Money Talks is a business column from CBC radio.

By Michael Hlinka, CBC business columnist.

Mid-last week, the Bank of Canada bumped interest rates up by one-quarter of one percentage point. This still leaves it at a level that, five years ago, I never thought I'd see in my lifetime. But even moving up the Bank Rate to a measly 1 per cent suggested to me, at least, that the Bank must have thought that the economic recovery had taken hold in spite of lots of evidence to the contrary.

Then last Friday we learned that even though the Canadian economy did create some jobs in August, the unemployment rate actually edged up. That left a few people scratching their heads about why interest rates were pushed up at all.

There is a broad consensus that the powers-that-be, and by that I mean government and the Bank of Canada, should pursue "activist" fiscal and monetary policy. And by activist, I mean that they should react to market conditions, speed things up when they appear slow, and slow things down when they're going too fast.

But when it comes to the Central Bank, there another factor at work. In the business, it's known as credibility.
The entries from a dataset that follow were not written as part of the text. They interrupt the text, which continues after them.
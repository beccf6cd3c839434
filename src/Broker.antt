-- ===== src/Broker.antt =====
-- src/broker.rs: the routing state behind server-initiated requests.
-- Each method takes the broker and returns it changed. The mutexes are not modelled: each method
-- holds the lock it needs for the whole of each step, and `hold` never fails.
pub mod Mpsc
pub mod Ids
pub mod Queues
pub mod Invariant
pub mod Delivery
pub mod Replay
pub mod Run
pub mod Issued
mod Tests
use sml_mcps.Prelude.{
  ℕ, zero, suc, ◌+◌, ◌%◌, Bool, true, false, not, Option, none, some, List, [], ◌∷◌, ◌++◌, ltb, leb,
  if◌then◌else◌, length, filter, is_some,
}
use sml_mcps.Prelude.Text.{Text, text, strip_prefix}
use sml_mcps.Prelude.Decimal.{show, parse_uint, u64_mod}
use sml_mcps.Prelude.Assoc.{Assoc, lookup, insert, remove}
use sml_mcps.Rpc.{
  RequestId, id_has_eq, number, string, null, id_eq, JsonRpcError, JsonRpcResponse, JsonRpcMessage,
}
use sml_mcps.Error.{McpError, Result, ok, err, internal, invalid_message}
use sml_mcps.Broker.Mpsc.{Channels, no_channels, open_channel, drop_sender, send}

abbrev pub max_abandoned : ℕ
max_abandoned = 64

abbrev pub max_parked : ℕ
max_parked = 16

abbrev pub max_deferred : ℕ
max_deferred = 256

pub record Broker (V : Type 0) : Type 0 where
  pub next_id : ℕ
  pub parked : List (JsonRpcResponse V)
  pub deferred : List (JsonRpcMessage V)
  pub abandoned : List RequestId
  -- each sender is named by its channel
  pub waiters : Assoc RequestId ℕ
  pub channels : Channels (JsonRpcResponse V)

abbrev pub id_prefix : Text
id_prefix = text "sml-"

-- `parked.iter().position(|r| &r.id == id)` and `parked.remove(at)` in one pass
module _ {V : Type 0} where
  unfoldable pub find_parked : RequestId → List (JsonRpcResponse V) → Option (JsonRpcResponse V)
  find_parked id [] = none
  find_parked id (r ∷ rs) = if id_eq r.id id then some r else find_parked id rs

  unfoldable pub remove_parked : RequestId → List (JsonRpcResponse V) → List (JsonRpcResponse V)
  remove_parked id [] = []
  remove_parked id (r ∷ rs) =
      let rest = remove_parked id rs in if id_eq r.id id then rs else r ∷ rest

  -- `parked[at] = response` at the first response of that id
  unfoldable pub replace_parked :
      JsonRpcResponse V → List (JsonRpcResponse V) → List (JsonRpcResponse V)
  replace_parked new [] = []
  replace_parked new (r ∷ rs) =
      let rest = replace_parked new rs in if id_eq r.id new.id then new ∷ rs else r ∷ rest

-- `while queue.len() > bound { queue.pop_front() }`
unfoldable pub evict : {A : Type 0} → ℕ → List A → List A
evict bound [] = []
evict bound (x ∷ xs) =
    let rest = evict bound xs in if ltb bound (length (x ∷ xs)) then rest else x ∷ xs

unfoldable pub contains_id : RequestId → List RequestId → Bool
contains_id id [] = false
contains_id id (k ∷ ks) = if id_eq k id then true else contains_id id ks

unfoldable pub remove_id : RequestId → List RequestId → List RequestId
remove_id id [] = []
remove_id id (k ∷ ks) = let rest = remove_id id ks in if id_eq k id then ks else k ∷ rest

-- the number behind the prefix, if there is one
abbrev pub parse_suffix : Option Text → Option ℕ
parse_suffix none = none
parse_suffix (some t) = parse_uint u64_mod t

unfoldable pub sequence_number : RequestId → Option ℕ
sequence_number (string t) = parse_suffix (strip_prefix id_prefix t)
sequence_number (number n) = none
sequence_number null = none

abbrev pub below : Option ℕ → ℕ → Bool
below none bound = false
below (some n) bound = ltb n bound

module _ {V : Type 0} where
  -- `RequestBroker::new`
  abbrev pub new : Broker V
  new = record {
    next_id = 0;
    parked = [];
    deferred = [];
    abandoned = [];
    waiters = [];
    channels = no_channels;
  }

  -- `fetch_add` wraps.
  unfoldable pub next_request_id : Broker V → RequestId × Broker V
  next_request_id b =
      (string (id_prefix ++ show b.next_id), record b { next_id = (b.next_id + 1) % u64_mod })

  unfoldable pub take_parked : RequestId → Broker V → Option (JsonRpcResponse V) × Broker V
  unfolding find_parked remove_parked
  take_parked id b = (find_parked id b.parked, record b { parked = remove_parked id b.parked })

  unfoldable pub was_issued_here : Broker V → RequestId → Bool
  was_issued_here b id = below (sequence_number id) b.next_id

  -- The receiver is the channel.
  unfoldable pub register_waiter : RequestId → Broker V → ℕ × Broker V
  register_waiter id b =
      let (receiver, channels) = open_channel b.channels in
      (
        receiver,
        record b {
          waiters = insert id receiver b.waiters;
          channels = drop_sender (lookup id b.waiters) channels;
        },
      )

  unfoldable pub forget_abandoned : RequestId → Broker V → Bool × Broker V
  forget_abandoned id b =
      if contains_id id b.abandoned
      then (true, record b { abandoned = remove_id id b.abandoned })
      else (false, b)

  unfoldable pub park : JsonRpcResponse V → Broker V → Broker V
  unfolding forget_abandoned
  park r b =
      if not (was_issued_here b r.id)
      then b
      else let (forgotten, b') = forget_abandoned r.id b in
        if forgotten
        then b'
        else if is_some (find_parked r.id b'.parked)
        then record b' { parked = replace_parked r b'.parked }
        else record b' { parked = evict max_parked (b'.parked ++ r ∷ []) }

  -- the `match waiter`
  abbrev pub hand_over : JsonRpcResponse V → Option ℕ → Broker V → Broker V
  hand_over r none b = park r b
  hand_over r (some c) b = record b { channels = drop_sender (some c) (send c r b.channels) }

  unfoldable pub deliver : JsonRpcResponse V → Broker V → Broker V
  deliver r b = hand_over r (lookup r.id b.waiters) (record b { waiters = remove r.id b.waiters })

  unfoldable pub abandon : RequestId → Broker V → Broker V
  abandon id b = record b {
    parked = filter (λ r. not (id_eq r.id id)) b.parked;
    waiters = remove id b.waiters;
    channels = drop_sender (lookup id b.waiters) b.channels;
    abandoned = evict max_abandoned (b.abandoned ++ id ∷ []);
  }

  unfoldable pub cancel : RequestId → Broker V → Bool × Broker V
  cancel id b = if not (was_issued_here b id) then (false, b) else (true, abandon id b)

  -- `Err` hands the message back: the first component is what was refused.
  unfoldable pub defer : JsonRpcMessage V → Broker V → Option (JsonRpcMessage V) × Broker V
  defer m b =
      if leb max_deferred (length b.deferred)
      then (some m, b)
      else (none, record b { deferred = b.deferred ++ m ∷ [] })

  abbrev pub pop_front : List (JsonRpcMessage V) → Broker V → Option (JsonRpcMessage V) × Broker V
  pop_front [] b = (none, b)
  pop_front (m ∷ ms) b = (some m, record b { deferred = ms })

  unfoldable pub next_deferred : Broker V → Option (JsonRpcMessage V) × Broker V
  next_deferred b = pop_front b.deferred b

  -- `RequestBroker::into_result`; `show_code` prints an `i32`.
  unfoldable pub into_result : (JsonRpcError V → Text) → JsonRpcResponse V → Result V V
  into_result show_code r = elim r.error [
    | some e ↦
        err (internal (text "client returned error " ++ (show_code e ++ (text ": " ++ e.message))))
    | none ↦ elim r.result [
      | some v ↦ ok v
      | none ↦ err (invalid_message (text "response has neither result nor error"))
    ]
  ]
What that means is that after a Central Bank indicates something, it had better follow through on it. Earlier this year, Mark Carney suggested on several occasions that interest rates would go up through the summer and last week he followed through.

He followed through even though, in my opinion, the time wasn't right to raise interest rates.

There are all sorts of signs that the Canadian economy is cooling. My belief is that a bubble has formed in many different real estate markets across Canada. Vancouver and home-town Toronto immediately come to mind.

We're experiencing the worst travel numbers since those stats have been kept. That is, fewer and fewer visitors are entering our borders and they're spending less and less money than ever before.

And finally, government at all levels seems to be taking a long hard look at its spending and is starting to rein things in (not that I'm complaining).

What the economy is looking at is headwind after headwind after headwind. And given that Canadians are holding record levels of debt, it just doesn't seem to make a heckuva lot of sense to make carrying that load marginally more expensive. But that's what we saw last week.

Now the good news is that in his announcement around the interest rate decision, the head of the Bank of Canada, Mark Carney, gave himself some wiggle room. He suggested that what happens in the United States will go a long way to determining his next move. And that implies that sometime in the near future, interest rates that just went up could just as easily come back down.